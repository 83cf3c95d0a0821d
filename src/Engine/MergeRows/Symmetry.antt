-- ===== src/Engine/MergeRows/Symmetry.antt =====
-- Two clones that merge with their roles of local and remote exchanged decide alike.
use repodb.Base.{◌≡◌, refl, ◌≢◌, ◌↔◌, true, Option, none, some, arith}
use repodb.Bytes.Order.{compare_bytes_refl, eq_of_compare}
use repodb.Engine.MergeRows.{
  Resolution, take_base, take_local, take_remote, take_delete, other, Cell, conflict, decide,
  same_value, resolve,
}

-- The same choice, seen from the other clone.
abbrev pub mirrored : Option Resolution → Option Resolution
mirrored none = none
mirrored (some take_base) = some take_base
mirrored (some take_local) = some take_remote
mirrored (some take_remote) = some take_local
mirrored (some take_delete) = some take_delete
mirrored (some (other text)) = some (other text)

pub eq_of_same : (a b : Cell) → same_value a b ≡ true → a ≡ b
unfolding same_value
eq_of_same none none h = refl
eq_of_same none (some b) h = cc
eq_of_same (some a) none h = cc
eq_of_same (some a) (some b) h = ground (arith, h, eq_of_compare a b)

same_refl : (a : Cell) → same_value a a ≡ true
unfolding same_value
same_refl none = refl
same_refl (some a) = ground (arith, compare_bytes_refl a)

pub same_of_eq : (a b : Cell) → a ≡ b → same_value a b ≡ true
same_of_eq a b e = rw e (same_refl b)

same_value_comm : (a b : Cell) → same_value a b ≡ same_value b a
unfolding same_value
same_value_comm none none = refl
same_value_comm none (some b) = refl
same_value_comm (some a) none = refl
same_value_comm (some a) (some b) =
    ground (arith, eq_of_compare a b, eq_of_compare b a, compare_bytes_refl a, compare_bytes_refl b)

resolve-mirrored :
    (o : Option Resolution) (b l r : Cell) → resolve (mirrored o) b r l ≡ resolve o b l r
resolve-mirrored none b l r = refl
resolve-mirrored (some take_base) b l r = refl
resolve-mirrored (some take_local) b l r = refl
resolve-mirrored (some take_remote) b l r = refl
resolve-mirrored (some take_delete) b l r = refl
resolve-mirrored (some (other text)) b l r = refl

-- With local and remote exchanged, and the resolution mirrored, every decision is the same: the two
-- clones take the same cell, or both report a conflict.
pub decide-mirrored :
    (o : Option Resolution) (b l r : Cell) → decide (mirrored o) b r l ≡ decide o b l r
unfolding decide
decide-mirrored o b l r = ground (
  arith,
  same_value_comm l r,
  eq_of_same l r,
  eq_of_same l b,
  eq_of_same r b,
  resolve-mirrored o b l r,
)

-- A key without a resolution is a conflict exactly when the two versions differ from each other and
-- both from the base.
pub decide-conflict :
    (b l r : Cell) → (decide none b l r ≡ conflict) ↔ ((l ≢ r) × (l ≢ b) × (r ≢ b))
unfolding decide
decide-conflict b l r = (differ, conflicts)
  where
    differ : decide none b l r ≡ conflict → (l ≢ r) × (l ≢ b) × (r ≢ b)
    differ h = (
      λ e. ground (arith, h, e, same_of_eq l r e),
      λ e. ground (arith, h, e, same_of_eq l b e),
      λ e. ground (arith, h, e, same_of_eq r b e),
    )

    conflicts : (l ≢ r) × (l ≢ b) × (r ≢ b) → decide none b l r ≡ conflict
    conflicts h = ground (arith, h.0, h.1, h.2, eq_of_same l r, eq_of_same l b, eq_of_same r b)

• [THE PROBLEM] Output the material above exactly, but only from the line that carries "ground (arith, eq_of_compare" through the line that carries "conflicts : (l".

• [SOLUTION FOR THIS PROBLEM]
    ground (arith, eq_of_compare a b, eq_of_compare b a, compare_bytes_refl a, compare_bytes_refl b)

resolve-mirrored :
    (o : Option Resolution) (b l r : Cell) → resolve (mirrored o) b r l ≡ resolve o b l r
resolve-mirrored none b l r = refl
resolve-mirrored (some take_base) b l r = refl
resolve-mirrored (some take_local) b l r = refl
resolve-mirrored (some take_remote) b l r = refl
resolve-mirrored (some take_delete) b l r = refl
resolve-mirrored (some (other text)) b l r = refl

-- With local and remote exchanged, and the resolution mirrored, every decision is the same: the two
-- clones take the same cell, or both report a conflict.
pub decide-mirrored :
    (o : Option Resolution) (b l r : Cell) → decide (mirrored o) b r l ≡ decide o b l r
unfolding decide
decide-mirrored o b l r = ground (
  arith,
  same_value_comm l r,
  eq_of_same l r,
  eq_of_same l b,
  eq_of_same r b,
  resolve-mirrored o b l r,
)

-- A key without a resolution is a conflict exactly when the two versions differ from each other and
-- both from the base.
pub decide-conflict :
    (b l r : Cell) → (decide none b l r ≡ conflict) ↔ ((l ≢ r) × (l ≢ b) × (r ≢ b))
unfolding decide
decide-conflict b l r = (differ, conflicts)
  where
    differ : decide none b l r ≡ conflict → (l ≢ r) × (l ≢ b) × (r ≢ b)
    differ h = (
      λ e. ground (arith, h, e, same_of_eq l r e),
      λ e. ground (arith, h, e, same_of_eq l b e),
      λ e. ground (arith, h, e, same_of_eq r b e),
    )

    conflicts : (l ≢ r) × (l ≢ b) × (r ≢ b) → decide none b l r ≡ conflict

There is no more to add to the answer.